You've got a piece of legacy code that someone wrote 10 years ago. Obviously there's no documentation, no one really understands it. You can, uh, ask, uh, you know, you can ask copilot, what is this code doing? And it will tell you roughly what it's doing.
— Alan Buxton, CTO, Simphony

THE NEW DEFAULT angle

Here's how teams can take advantage of artificial intelligence tools to make sense of older, poorly documented code:

  • Deploy AI assistance when diving into undocumented legacy code.

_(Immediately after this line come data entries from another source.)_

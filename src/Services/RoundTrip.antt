-- ===== src/Services/RoundTrip.antt =====
-- A request that the client encodes, as the server decodes it.
use cosemlib.Base.{ℕ, ◌<◌, ◌≡◌, Bool, List, ◌∷◌, ◌++◌, length, M}
use mathlib.Core.Path.{subst}
use cosemlib.Base.Words.{u16_mod, put_be16}
use cosemlib.Array.Append.{Emits, Emits-&&&, write_u8-Emits, write_u16-Emits, write_buff-Emits}
use cosemlib.Array.Consume.{read_u8-Reads}
use cosemlib.Services.{Request, Exchange, take_buff, svc_request_normal}
use cosemlib.Services.Coding.{
  selective_access, data_presence, decode_request, request_tag, encode_option, encode_data,
  request_encoder,
}
use cosemlib.Services.Takes.{
  Takes, Takes-&&&, Takes-&&>, take_u8-Takes, take_u16-Takes, take_buff-Takes,
}

-- The bytes of a normal request after its tag: the name of the object, then `rest`.
abbrev pub request_bytes : Request → List ℕ → List ℕ
request_bytes r rest =
    let name = r.db_request.logical_name in
    1 ∷ r.sender_invoke_id ∷ (put_be16 name.class_id ++ (name.obis ++ (name.id ∷ rest)))

-- A request `q` with the invoke id and the name of the object of `r`.
abbrev pub named_as : Request → Request → Request
named_as r q =
    let name = r.db_request.logical_name in
    record q {
      sender_invoke_id = r.sender_invoke_id;
      db_request = record q.db_request {
        logical_name = record q.db_request.logical_name {
          class_id = name.class_id;
          obis = name.obis;
          id = name.id;
        };
      };
    }

pub encode_normal-Emits :
    (r : Request) {xs ys : List ℕ}
    → r.request_type ≡ svc_request_normal
    → Emits (encode_option r.db_request) xs
    → Emits (encode_data r.db_request) ys
    → Emits (request_encoder r) (request_tag r.db_request.service ∷ request_bytes r (xs ++ ys))
unfolding request_encoder
encode_normal-Emits r {xs} {ys} e p q =
    let name = r.db_request.logical_name in
    rw e (
      Emits-&&& (write_u8-Emits _) (
        Emits-&&& (write_u8-Emits 1) (
          Emits-&&& (write_u8-Emits r.sender_invoke_id) (
            Emits-&&& (write_u16-Emits name.class_id) (
              Emits-&&& (write_buff-Emits name.obis)
                (Emits-&&& (write_u8-Emits name.id) (Emits-&&& p q)))))))

module _ (hal : M (Exchange Request) Bool) where
  take_obis :
      (f : List ℕ → Request → Request) (xs : List ℕ) (q : Request)
      → length xs ≡ 6
      → Takes (take_buff 6 f) xs q (f xs q)
  take_obis f xs q e = subst (λ n. Takes (take_buff n f) xs q (f xs q)) e (take_buff-Takes f xs)

  pub normal_request-Takes :
      (r q : Request) {t u : Request} {xs ys : List ℕ}
      → r.db_request.logical_name.class_id < u16_mod
      → length r.db_request.logical_name.obis ≡ 6
      → Takes (selective_access hal) xs (named_as r q) t
      → Takes data_presence ys t u
      → Takes (decode_request hal) (request_bytes r (xs ++ ys)) q u
  unfolding decode_request
  normal_request-Takes r q small six p d =
      let name = r.db_request.logical_name in
      Takes-&&> _ (read_u8-Reads 1) (
        Takes-&&& (take_u8-Takes _ r.sender_invoke_id) (
          Takes-&&& (take_u16-Takes _ name.class_id small) (
            Takes-&&& (take_obis _ name.obis _ six)
              (Takes-&&& (take_u8-Takes _ name.id) (Takes-&&& p d)))))
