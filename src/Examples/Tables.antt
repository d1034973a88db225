-- ===== src/Examples/Tables.antt =====
-- src/utility.c and src/gst-util.c with an association list as the hash table.
use gst_playd.Base.{
  ℕ, ◌≡◌, ◌≢◌, refl, arith, some, none, List, [], ◌∷◌, ◌++◌, codes, Bytes, str_equal, get_elem?,
}
use gst_playd.Glib.HashTable.{HashTable, assoc_table}
use gst_playd.GstUtil.{
  GValue, string, uint, buffer, value_text, tag_key, insert_values, tag_to_hash_table,
}
use gst_playd.GstUtil.Keys.{lookup-tag_to_hash_table}
use gst_playd.GstUtil.Values.{value_text-buffer}
use gst_playd.Uuencode.Decode.{decode_base64}
use gst_playd.Utility.{util_hash_table_as_string}
use gst_playd.Utility.Text.{lines_of, util_hash_table_as_string-lines_of}

abbrev table : HashTable Bytes
table = assoc_table Bytes

abbrev two_entries : table.Table
two_entries =
    table.insert (codes "title") (codes "x") (table.insert (codes "artist") (codes "y") table.new)

util_hash_table_as_string-lines_of_example :
    (rest : Bytes) × (util_hash_table_as_string table two_entries
      ≡ some (lines_of (table.entries two_entries) ++ 0 ∷ rest))
unfolding str_equal
util_hash_table_as_string-lines_of_example =
    util_hash_table_as_string-lines_of table two_entries (omega arith)

abbrev no_text : ℕ → Bytes
no_text n = []

value_text-buffer_example :
    (text : Bytes) × (value_text {Date = ℕ} no_text no_text (buffer (1 ∷ 2 ∷ [])) ≡ some text)
    × (decode_base64 text ≡ some (1 ∷ 2 ∷ [], []))
value_text-buffer_example =
    value_text-buffer no_text no_text (1 ∷ 2 ∷ []) (omega arith) (omega arith)

abbrev values : List (GValue ℕ ℕ)
values = string (codes "rock") ∷ uint 7 ∷ []

abbrev tagged_table : table.Table
tagged_table = elim (tag_to_hash_table no_text no_text table (codes "genre") values table.new) [
  | none ↦ table.new
  | some t ↦ t
]

values_stored :
    tag_to_hash_table no_text no_text table (codes "genre") values table.new ≡ some tagged_table
unfolding tag_to_hash_table insert_values value_text
values_stored = refl

lookup-tag_to_hash_table_example :
    ((j : ℕ) (val : GValue ℕ ℕ) (text : Bytes)
      → get_elem? values j ≡ some val
      → value_text no_text no_text val ≡ some text
      → table.lookup (tag_key (codes "genre") j) tagged_table ≡ some text)
    × ((k : Bytes)
        → ((j : ℕ) → tag_key (codes "genre") j ≢ k)
        → table.lookup k tagged_table ≡ table.lookup k table.new)
lookup-tag_to_hash_table_example =
    lookup-tag_to_hash_table no_text no_text table (codes "genre") values table.new tagged_table
      values_stored
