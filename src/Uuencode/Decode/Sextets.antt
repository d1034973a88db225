-- ===== src/Uuencode/Decode/Sextets.antt =====
-- The values and the bytes of a group of src/uuencode.c, by arithmetic.
use gst_playd.Base.{
  ℕ, suc, ◌+◌, ◌<◌, ◌≡◌, ◌≢◌, ◌*◌, ◌/◌, ◌%◌, refl, ap, ap₂, ◌∙◌, sym, arith, Bool, true, false,
  Option,
}
use gst_playd.Base.{All, get_elem?, ==_iff, subst}
use gst_playd.Base.Bits.{bit_or_4, bit_or_16, bit_or_64}
use gst_playd.Base.{none, some, List, [], ◌∷◌, Bytes, length, ◌==◌}
use gst_playd.Base.{if◌then◌else◌}
use native.Mathlib.Decide.{ℕ_discrete}
use gst_playd.Uuencode.{uuenc_tbl_base64}
use gst_playd.Uuencode.Decode.{strchr, join_sextets, undecoded}

-- The bytes of a group: the bits of its values side by side, in eights, without those that are left
-- over.
abbrev pub joined : List ℕ → Bytes
joined [] = []
joined (a ∷ []) = []
joined (a ∷ b ∷ []) = (a * 4 + b / 16) ∷ []
joined (a ∷ b ∷ c ∷ []) = (a * 4 + b / 16) ∷ (b % 16 * 16 + c / 4) ∷ []
joined (a ∷ b ∷ c ∷ d ∷ _) = (a * 4 + b / 16) ∷ (b % 16 * 16 + c / 4) ∷ (c % 4 * 64 + d) ∷ []

-- What is left at the NUL: the text `tail` of a group that has begun, and else the NUL itself.
abbrev pub left_over : List ℕ → Bytes → Bytes
left_over [] tail = []
left_over (i ∷ six_bit) tail = tail

abbrev pub AreSextets : List ℕ → Type 0
AreSextets six_bit = All (λ i. i < 64) six_bit

pub join_sextets-joined : (s : List ℕ) → AreSextets s → join_sextets s ≡ joined s
unfolding join_sextets
join_sextets-joined [] small = refl
join_sextets-joined (a ∷ []) small = refl
join_sextets-joined (a ∷ b ∷ []) (ha, (hb, rest)) =
    rw (bit_or_4 a b ha hb) (ap (λ x. x ∷ []) (omega arith))
join_sextets-joined (a ∷ b ∷ c ∷ []) (ha, (hb, (hc, rest))) =
    rw (bit_or_4 a b ha hb, bit_or_16 b c hb hc)
      (ap₂ (λ x y. x ∷ y ∷ []) (omega arith) (omega arith))
join_sextets-joined (a ∷ b ∷ c ∷ d ∷ _) (ha, (hb, (hc, (hd, rest)))) =
    rw (bit_or_4 a b ha hb, bit_or_16 b c hb hc, bit_or_64 c d hc hd)
      (ap₂ ◌∷◌ (omega arith) (ap₂ (λ x y. x ∷ y ∷ []) (omega arith) (omega arith)))

pub undecoded-left_over : (s : List ℕ) (tail : Bytes) → undecoded s tail ≡ left_over s tail
unfolding undecoded
undecoded-left_over [] tail = refl
undecoded-left_over (i ∷ s) tail = refl

-- What is found is in the text.
strchr-at :
    (text : Bytes) (c i : ℕ)
    → strchr text c ≡ some i
    → (i < length text) × (get_elem? text i ≡ some c)
unfolding strchr
strchr-at [] c i e = absurd (cc)
strchr-at (d ∷ text) c i e =
    go (d == c) (d == 0) (strchr text c) ((==_iff d c).0) (strchr-at text c) e
  where
    go :
        (here stop : Bool) (rest : Option ℕ)
        → (here ≡ true → d ≡ c)
        → ((j : ℕ) → rest ≡ some j → (j < length text) × (get_elem? text j ≡ some c))
        → (if here
            then some 0
            else if stop
            then none
            else elim rest [ none ↦ none | some j ↦ some (suc j) ])
          ≡ some i
        → (i < suc (length text)) × (get_elem? (d ∷ text) i ≡ some c)
    go true stop rest is ih e =
        let same : 0 ≡ i = cc in
        subst (λ n. (n < suc (length text)) × (get_elem? (d ∷ text) n ≡ some c)) same
          (omega arith, ap (λ x. some x) (is refl))
    go false true rest is ih e = absurd (cc)
    go false false none is ih e = absurd (cc)
    go false false (some j) is ih e =
        let same : suc j ≡ i = cc in
        let (below, at) = ih j refl in
        subst (λ n. (n < suc (length text)) × (get_elem? (d ∷ text) n ≡ some c)) same
          (omega (arith, below), at)

-- The NUL of the table is found only for a NUL.
pub strchr-value : (ch i : ℕ) → ch ≢ 0 → strchr uuenc_tbl_base64 ch ≡ some i → i ≢ 64 → i < 64
strchr-value ch i some_ch e ne =
    let (below, at) = strchr-at uuenc_tbl_base64 ch i e in
    elim (ℕ_discrete i 65) [
      | yes last ↦
          let nul : some 0 ≡ some ch = ap (get_elem? uuenc_tbl_base64) (sym last) ∙ at in
          let zero_ch : ch ≡ 0 = cc in absurd (some_ch zero_ch)
      | no other ↦ omega (arith, below)
    ]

Use AI-powered tools such as GitHub Copilot to decode and interpret the original functionality of such code.
  • Dedicate time to educating the team about how to effectively solicit AI for understanding complex code. This could take the form of workshops or guidelines.
  • Encourage developers to trust and value the AI tools' ability to interpret code, thus aiding their own understanding and boosting productivity.
  • Identify and catalogue key pieces of legacy code within your organization that could benefit from a 'decoding' session to help streamline future developments and reduce the time sunk into understanding old codebases.